During the dozen years which opened with Wayne’s campaigns, saw the treaties of Jay and Pinckney, and closed with the explorations of Lewis, Clarke, and Pike, the West had grown with the growth of a giant, and for the first time had achieved peace; but it was not yet safe from danger of outside attack. The territories which had been won by war from the Indians and by treaty from Spain, France, and England, and which had been partially explored, were not yet entirely our own. Much had been accomplished by the deeds of the Indian-fighters, treaty-makers, and wilderness-wanderers; far more had been accomplished by the steady push of the settler folk themselves, as they thrust ever westward, and carved states out of the forest and the prairie; but much yet remained to be done before the West would reach its natural limits, would free itself forever from the pressure of outside foes, and would fill from frontier to frontier with populous commonwealths of its own citizens.
THE END OF VOL. IV.
APPENDIX
It is a pleasure to be able to say that the valuable Robertson manuscripts are now in course of publication, under the direction of a most competent editor in the person of Mr. W. R. Garrett, Ph.D. They are appearing in the American Historical Magazine, at Nashville, Tennessee; the first instalment appeared in January, and the second in April, 1896. The Magazine is doing excellent work, exactly where this work is needed; and it could not render a better service to the study of American history than by printing these Robertson papers.

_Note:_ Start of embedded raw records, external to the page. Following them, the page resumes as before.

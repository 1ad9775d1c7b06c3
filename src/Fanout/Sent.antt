-- ===== src/Fanout/Sent.antt =====
-- What one tick sends.

use briefed.Base.{ℕ, ◌≡◌, refl, String, [], Option, filter, length, All}
use briefed.Tables.{Db}
use briefed.Fanout.{Deps, is_candidate, run_fanout}
use briefed.Fanout.Steps.{Justified, Ticked, fan_out_users-Ticked}

module _ (deps : Deps) (user_id : Option String) (now : ℕ) (db : Db) (ids : ℕ) where
  pub run_fanout-Ticked :
      Ticked deps now
        (filter (is_candidate deps user_id) db.users)
        db.accounts
        (run_fanout deps user_id now db ids).1
  unfolding run_fanout
  run_fanout-Ticked =
      fan_out_users-Ticked deps now (filter (is_candidate deps user_id) db.users) db.accounts
        (filter (is_candidate deps user_id) db.users)
        (record { db = db; sent = []; ids = ids; enqueued = 0 }) (λ u m. m)
        (record { accounts_kept = refl; counted = refl; justified = tt; locked = tt })

  -- Every message that a tick sends, also one that a failing queue cuts short, is for an account of
  -- a candidate user who has consented and is due, and the account is the user's own, active and
  -- scanned; and the count is the number of messages sent.
  pub run_fanout-Justified :
      All
        (Justified deps now (filter (is_candidate deps user_id) db.users) db.accounts)
        (run_fanout deps user_id now db ids).1.sent
      × ((run_fanout deps user_id now db ids).1.enqueued
          ≡ length (run_fanout deps user_id now db ids).1.sent)
  run_fanout-Justified = (run_fanout-Ticked.justified, run_fanout-Ticked.counted)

After the present volume was in press Mr. Oswald Garrison Villard, of Harvard, most kindly called my attention to the Knox Papers, in the archives of the New England Historical and Genealogical Society, of Boston. These papers are of great interest. They are preserved in a number of big volumes. I was able to make only a most cursory examination of them; but Mr. Villard with great kindness went carefully through them, and sent me copies of those which I deemed important. There are a number of papers referring to matters connected with the campaigns against the western Indians. The most interesting and valuable is a long letter from Col. Darke giving a very vivid picture of St. Clair’s defeat, and of the rout which followed. While it can hardly be said to cast any new light on the defeat, it describes it in a very striking manner, and brings out well the gallantry of the officers and the inferior quality of the rank and file; and it gives a very unpleasant picture of St. Clair and Hamtranck.
Besides the Darke letter there are several other manuscripts containing information of value. In Volume XXIII., page 169, there is a letter from Knox to General Harmar, dated New York, September 3, 1790. After much preliminary apology, Knox states that it “has been reported, and under circumstances which appear to have gained pretty extensive credit on the frontiers, that you are too apt to indulge yourself to excess in a convivial glass”; and he then points out the inevitable ruin that such indulgence will bring to the General.